ジャンケンの結果、Aが先攻で、A兄が後攻。3回先に当てたら勝利というルールになった。

 

いよいよ始まる決勝。

 

絶対に負けられない戦いがそこにはあった。

 

 

注目のAの初球。

 

Aは、おもむろに玄関に走っていき、野球ボール大の泥団子を持ってきた。

 

おいおい。

それは、Aがずっと大事にしてきた泥団子『ドラゴンストーン』じゃないか。

そんなに大事にしてきたやつを投げてもいいのか?

 

Aは自信満々に言う。

 

「これはドラゴンストーンの影武者として作っておいた『ドラゴンストーン2nd』だ。」

 

泥団子の影武者だと?

訳が分からない。

 

しかし、大事に作った泥団子を初球に持ってくるほど、この戦いはAにとって重要なものなのだろう。

 

Aの決意が伝わってきたのか、にわかに緊張感を増してくる。

 

みなが注目する中、Aは大きく振りかぶり、渾身の力で初球を投げた。

 

 

その刹那

 

 

 

滅多に車など通らない道を、すごいスピードで大型トラックが走ってきた。

 

 

そして、Aの泥団子『ドラゴンストーン』の影武者『ドラゴンストーン2nd』がトラックの助手席に命中した。

 

 

「バンッッッ!!!」

 

と音を立てて砕けるドラゴンストーン2nd。

 

急停車するトラック。

 

静まり返る僕ら。

 

 

2秒ほどの沈黙の後、

 

「バンッッッッ!!!!」

と先ほどの泥団子の命中音より、はるかに大きな音でトラックのドアが閉まる。

 

 

僕はその場から逃げ出そうかと思ったが、トラックから降りてきた運転手の男性の姿を見た瞬間、体が硬直して動かなくなった。

 

 

運転手の男性は、

年齢は40代~50代、恰幅のいい体格にパンチパーマ、目にはサングラスをかけている。

みなさんが恐いと思うトラック運転手を想像してもらったらいいと思う。

ゆっくりとこちらに近づいてくる。

 

僕らは声も出せずに固まっている。

 

歩いてくる運転手は、

 

 

 

手に木刀を持っていた。

 

 

 

 

僕らは全員が死を覚悟した。

 

チラッとAを見る。

 

Aはなぜかキョトンとした顔をしていた。

人間、あまりにもヤバいことになると、現実を直視できないんだということをこの時知った。

 

 

 

まず一番近くに立っていて、この中で一番年長のA兄が胸倉を掴まれて、

 

「誰がやったんやコラ?」

 

とドスの効いた声で脅された。

 

僕らは誰も声が出せない。

 

Aはここにきてやっと涙を流し始めた。

 

運転手は、その場にいた全員に強烈なゲンコツをかましてきた。

全員、甘んじてそのゲンコツを受け入れた。

 

半端なく痛かった。

 

その後、運転手は「親を呼んできなさい」と言った。

 

その声にはもうドスはなかった。

 

その後は、Aが走ってA親を呼びに行き、A親が猛ダッシュで出てきた。A親は終始平謝り。

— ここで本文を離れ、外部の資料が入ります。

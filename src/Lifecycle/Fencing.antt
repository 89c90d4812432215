-- ===== src/Lifecycle/Fencing.antt =====
-- A lease fences: what one worker has leased or ended, no other report of the same attempt changes.
use run_mesh.Base.{
  ℕ, String, Bool, true, false, ◌&&◌, ◌≡◌, ◌≢◌, refl, sym, subst, ◌∙◌, Option, none, some, List, [],
  ◌∷◌, ok, err, arith, str_eq, text_is, ◌==◌, Bool-cases, inl, inr, if◌then◌else◌, or_fail, ◌>>=◌,
  lease_lost, eq_iff,
}
use run_mesh.Base.Tables.{All, find?, find?-All, update_where}
use run_mesh.Workflow.State.{TaskStatus, RunStatus, is_active, leased}
use run_mesh.Store.Db.{Db, Env, TaskRun}
use run_mesh.Store.Leases.{
  can_lease, holds_lease, holds_active_lease, task_with_run, lease_task, start_task, heartbeat_task,
}
use run_mesh.Store.Outcomes.{
  complete_task, fail_task, Failure, cancel_waiting, cancel_row, failure_status,
}
use run_mesh.Lifecycle.Rows.{UniqueIds, OnlyRow, find?-OnlyRow, All-trivial, All-imp}
use run_mesh.Lifecycle.Effects.{lease_task-effect}
use run_mesh.Lifecycle.Effects.Outcomes.{complete_task-effect, fail_task-effect}
use run_mesh.Lifecycle.Invariant.Updates.{All-update}

-- No report of this worker on the task is taken, whatever the instant and the content.
pub record IsShut (task : ℕ) (worker : String) (db : Db) : Type 0 where
  pub start : (env : Env) → start_task env task worker db ≡ err lease_lost
  pub heartbeat : (env : Env) (lease : ℕ) → heartbeat_task env task worker lease db ≡ err lease_lost
  pub complete :
      (env : Env) (output uri : String) (logs : List String)
      → complete_task env task worker output uri logs db ≡ err lease_lost
  pub fail : (env : Env) (f : Failure) → fail_task env task worker f db ≡ err lease_lost

-- No row gives the worker a lease on the task.
abbrev pub IsRefused : ℕ → String → TaskRun → Type 0
IsRefused task worker t = t.id ≡ task → (is_active t.status && text_is t.lease_owner worker) ≡ false

find?-none :
    (P : TaskRun → Type 0) (p : TaskRun → Bool) (xs : List TaskRun)
    → ((x : TaskRun) → P x → p x ≡ false)
    → All P xs
    → find? p xs ≡ none
unfolding find?
find?-none P p [] h a = refl
find?-none P p (x ∷ xs) h a = rw (h x a.0) (find?-none P p xs h a.1)

task_with_run-none :
    (db : Db) (p : TaskRun → Bool) → find? p db.tasks ≡ none → task_with_run db p ≡ none
unfolding task_with_run
task_with_run-none db p h = ground arith

pub IsShut-refused :
    (task : ℕ) (worker : String) (db : Db)
    → All (IsRefused task worker) db.tasks
    → IsShut task worker db
IsShut-refused task worker db h = record {
  start = λ env.
      unfold start_task ◌>>=◌ or_fail in rw (none_held env leased (λ x v. ground arith)) refl;
  heartbeat = λ env lease. unfold heartbeat_task ◌>>=◌ or_fail in rw (none_active env) refl;
  complete = λ env output uri logs.
      unfold complete_task ◌>>=◌ or_fail in
      rw (none_held env TaskStatus.running (λ x v. ground arith)) refl;
  fail = λ env f. unfold fail_task ◌>>=◌ or_fail in rw (none_active env) refl;
}
  where
    none_held :
        (env : Env) (s : TaskStatus)
        → ((x : TaskRun) → IsRefused task worker x → holds_lease env s task worker x ≡ false)
        → task_with_run db (holds_lease env s task worker) ≡ none
    none_held env s refused =
        task_with_run-none db _ (find?-none (IsRefused task worker) _ db.tasks refused h)

    none_active : (env : Env) → task_with_run db (holds_active_lease env task worker) ≡ none
    none_active env = task_with_run-none db _ (
        find?-none (IsRefused task worker) (holds_active_lease env task worker) db.tasks
          (λ x v. ground arith) h)

-- The rows of an UPDATE, from what is known of them before it.
pub All-where :
    (Q P : TaskRun → Type 0) (p : TaskRun → Bool) (f : TaskRun → TaskRun) (xs : List TaskRun)
    → ((x : TaskRun) → Q x → P (if p x then f x else x))
    → All Q xs
    → All P (update_where p f xs)
unfolding update_where
All-where Q P p f [] h a = tt
All-where Q P p f (x ∷ xs) h a = (h x a.0, All-where Q P p f xs h a.1)

-- The task is in the hands of nobody.
abbrev IsOver : ℕ → TaskRun → Type 0
IsOver task x = x.id ≡ task → is_active x.status ≡ false

IsShut-over :
    (task : ℕ) (worker : String) (db : Db) → All (IsOver task) db.tasks → IsShut task worker db
IsShut-over task worker db h = IsShut-refused task worker db (
    All-imp (IsOver task) (IsRefused task worker) db.tasks
      (λ x over same. let shut = over same in ground arith) h)

-- An UPDATE that picks the row of the task changes every row with its id.
pub held-All :
    (P : TaskRun → Type 0) (task : ℕ) (p q : TaskRun → Bool) (f : TaskRun → TaskRun)
    (held : TaskRun) (xs : List TaskRun)
    → find? p xs ≡ some held
    → UniqueIds xs
    → held.id ≡ task
    → q held ≡ true
    → ((x : TaskRun) → P (f x))
    → All (λ x. x.id ≡ task → P x) (update_where q f xs)
held-All P task p q f held xs found unique same hit over =
    All-where (OnlyRow held) (λ x. x.id ≡ task → P x) q f xs step
      (find?-OnlyRow p xs held found unique)
  where
    step :
        (x : TaskRun)
        → OnlyRow held x
        → (if q x then f x else x).id ≡ task
        → P (if q x then f x else x)
    step x only = elim (Bool-cases (q x)) [
      | inl picked ↦ rw picked λ _. over x
      | inr missed ↦ rw missed λ e.
          let picked : q x ≡ true = subst (λ y. q y ≡ true) (sym (only (e ∙ sym same))) hit in
          absurd (cc)
    ]

-- A second UPDATE that takes no row into anybody's hands.
keeps-IsOver :
    (task : ℕ) (p : TaskRun → Bool) (f : TaskRun → TaskRun) (xs : List TaskRun)
    → ((x : TaskRun) → is_active (f x).status ≡ false)
    → All (IsOver task) xs
    → All (IsOver task) (update_where p f xs)
keeps-IsOver task p f xs h = All-update (IsOver task) p f xs (λ x _ _ _. h x)

if-IsOver :
    (task : ℕ) (env : Env) (run : ℕ) (b : Bool) (xs : List TaskRun)
    → All (IsOver task) xs
    → All (IsOver task) (if b then cancel_waiting env run xs else xs)
if-IsOver task env run false xs h = h
if-IsOver task env run true xs h = keeps-IsOver task _ (cancel_row env) xs (λ x. refl) h

-- In the state that a completion of a task leaves, no worker, the one that completed it included,
-- can start, renew, complete or fail it, and each such call ends in ErrLeaseLost. Task ids are
-- unique.
pub complete_task-IsShut :
    (env : Env) (task : ℕ) (worker output uri : String) (logs : List String) (r : TaskRun)
    (db db' : Db)
    → UniqueIds db.tasks
    → complete_task env task worker output uri logs db ≡ ok (r, db')
    → (other : String) → IsShut task other db'
complete_task-IsShut env task worker output uri logs r db db' unique h other =
    let e = (complete_task-effect env task worker output uri logs db).at (r, db') h in
    let (hit, _) =
      find?-All (λ _. Unit {0}) _ db.tasks e.held e.fenced.row (All-trivial db.tasks) in
    let same : e.held.id ≡ task = ground arith in
    IsShut-over task other db' (
      subst (All (IsOver task)) (sym e.tasks) (
        keeps-IsOver task _ _ _ (λ x. refl)
          (held-All (λ x. is_active x.status ≡ false) task _ _ _ e.held db.tasks e.fenced.row unique
            same hit (λ x. refl))))

failure_status-over :
    (run : RunStatus) (retryable : Bool) (attempt max : ℕ)
    → is_active (failure_status run retryable attempt max) ≡ false
unfolding failure_status
failure_status-over run retryable attempt max = ground arith

-- In the state that a reported failure leaves, no worker can start, renew, complete or fail the
-- task, and each such call ends in ErrLeaseLost. Task ids are unique.
pub fail_task-IsShut :
    (env : Env) (task : ℕ) (worker : String) (f : Failure) (r : TaskRun) (db db' : Db)
    → UniqueIds db.tasks
    → fail_task env task worker f db ≡ ok (r, db')
    → (other : String) → IsShut task other db'
fail_task-IsShut env task worker f r db db' unique h other =
    let e = (fail_task-effect env task worker f db).at (r, db') h in
    let (hit, _) =
      find?-All (λ _. Unit {0}) _ db.tasks e.held e.fenced.row (All-trivial db.tasks) in
    let same : e.held.id ≡ task = ground arith in
    let by_worker : (e.held.id == task && text_is e.held.lease_owner worker) ≡ true =
      ground arith in
    IsShut-over task other db' (
      subst (All (IsOver task)) (sym e.tasks) (
        if-IsOver task env _ _ _ (
          held-All (λ x. is_active x.status ≡ false) task _ _ _ e.held db.tasks e.fenced.row unique
            same by_worker
            (λ x.
              failure_status-over e.run.status f.retryable e.held.attempt_count
                e.held.maximum_attempts))))

abbrev IsLeasedBy : ℕ → String → TaskRun → Type 0
IsLeasedBy task worker x = x.id ≡ task → ((x.status ≡ leased) × (x.lease_owner ≡ some worker))

owner-refuses :
    (o : Option String) (other worker : String) (active : Bool)
    → other ≢ worker
    → o ≡ some worker
    → (active && text_is o other) ≡ false
owner-refuses none other worker active differs h = absurd (cc)
owner-refuses (some s) other worker active differs h =
    let same : s ≡ worker = cc in
    elim (Bool-cases (str_eq s other)) [
      | inl hit ↦ absurd (differs (sym ((eq_iff s other).0 hit) ∙ same))
      | inr miss ↦ ground arith
    ]

leased_rows :
    (env : Env) (task : ℕ) (worker : String) (duration : ℕ) (r : TaskRun × Option String)
    (db db' : Db)
    → UniqueIds db.tasks
    → lease_task env task worker duration db ≡ ok (r, db')
    → All (IsLeasedBy task worker) db'.tasks
leased_rows env task worker duration r db db' unique h =
    let e = (lease_task-effect env task worker duration db).at (r, db') h in
    let (hit, _) = find?-All (λ _. Unit {0}) _ db.tasks e.held e.found (All-trivial db.tasks) in
    subst (All (IsLeasedBy task worker)) (sym e.after.tasks) (
      held-All (λ x. (x.status ≡ leased) × (x.lease_owner ≡ some worker)) task _ _ _ e.held db.tasks
        e.found unique (ground arith) hit (λ x. (refl, refl)))

-- In the state that a lease leaves, a worker other than the one that holds it can not start, renew,
-- complete or fail the task, and each such call ends in ErrLeaseLost. Task ids are unique.
pub lease_task-IsShut :
    (env : Env) (task : ℕ) (worker : String) (duration : ℕ) (r : TaskRun × Option String)
    (db db' : Db)
    → UniqueIds db.tasks
    → lease_task env task worker duration db ≡ ok (r, db')
    → (other : String) → other ≢ worker
    → IsShut task other db'
lease_task-IsShut env task worker duration r db db' unique h other differs =
    IsShut-refused task other db' (
      All-imp (IsLeasedBy task worker) (IsRefused task other) db'.tasks
        (λ x by_worker id.
          owner-refuses x.lease_owner other worker (is_active x.status) differs (by_worker id).1)
        (leased_rows env task worker duration r db db' unique h))

-- Once a worker has leased a task, no worker, the same one included, can lease it again in the state
-- that the lease leaves: the call ends in ErrLeaseLost. Task ids are unique.
pub lease_task-once :
    (env : Env) (task : ℕ) (worker : String) (duration : ℕ) (r : TaskRun × Option String)
    (db db' : Db)
    → UniqueIds db.tasks
    → lease_task env task worker duration db ≡ ok (r, db')
    → (env' : Env) (other : String) (again : ℕ)
    → lease_task env' task other again db' ≡ err lease_lost
lease_task-once env task worker duration r db db' unique h env' other again =
    unfold lease_task ◌>>=◌ or_fail in
    rw
      (find?-none (IsLeasedBy task worker) (can_lease task) db'.tasks (λ x by_worker. ground arith)
        (leased_rows env task worker duration r db db' unique h))
      refl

運転手は、冷静な声で「危ないからこんなことは絶対にさせないように」とだけ言った。

 

そして、僕らに向かって最後に

「大きな事故になることだってある。気をつけなさい。」

と言って去っていった。

 

その場にいた全員が涙を流し、Aはその場にへたりこんだ。

 

ホントに殺されるかと思った。

助かった。

 

みんな安堵していた。

 

 

まぁ、A母が、へたりこんで泣いてるAの髪を掴んで起こさせ、ボコボコにし始めたのも大分怖かったけど。

 

 

これが僕の死ぬかと思った体験。

 

そしてこの話には、続きがある。

もっともっとヤバい続きがあるが、それはまたの機会に。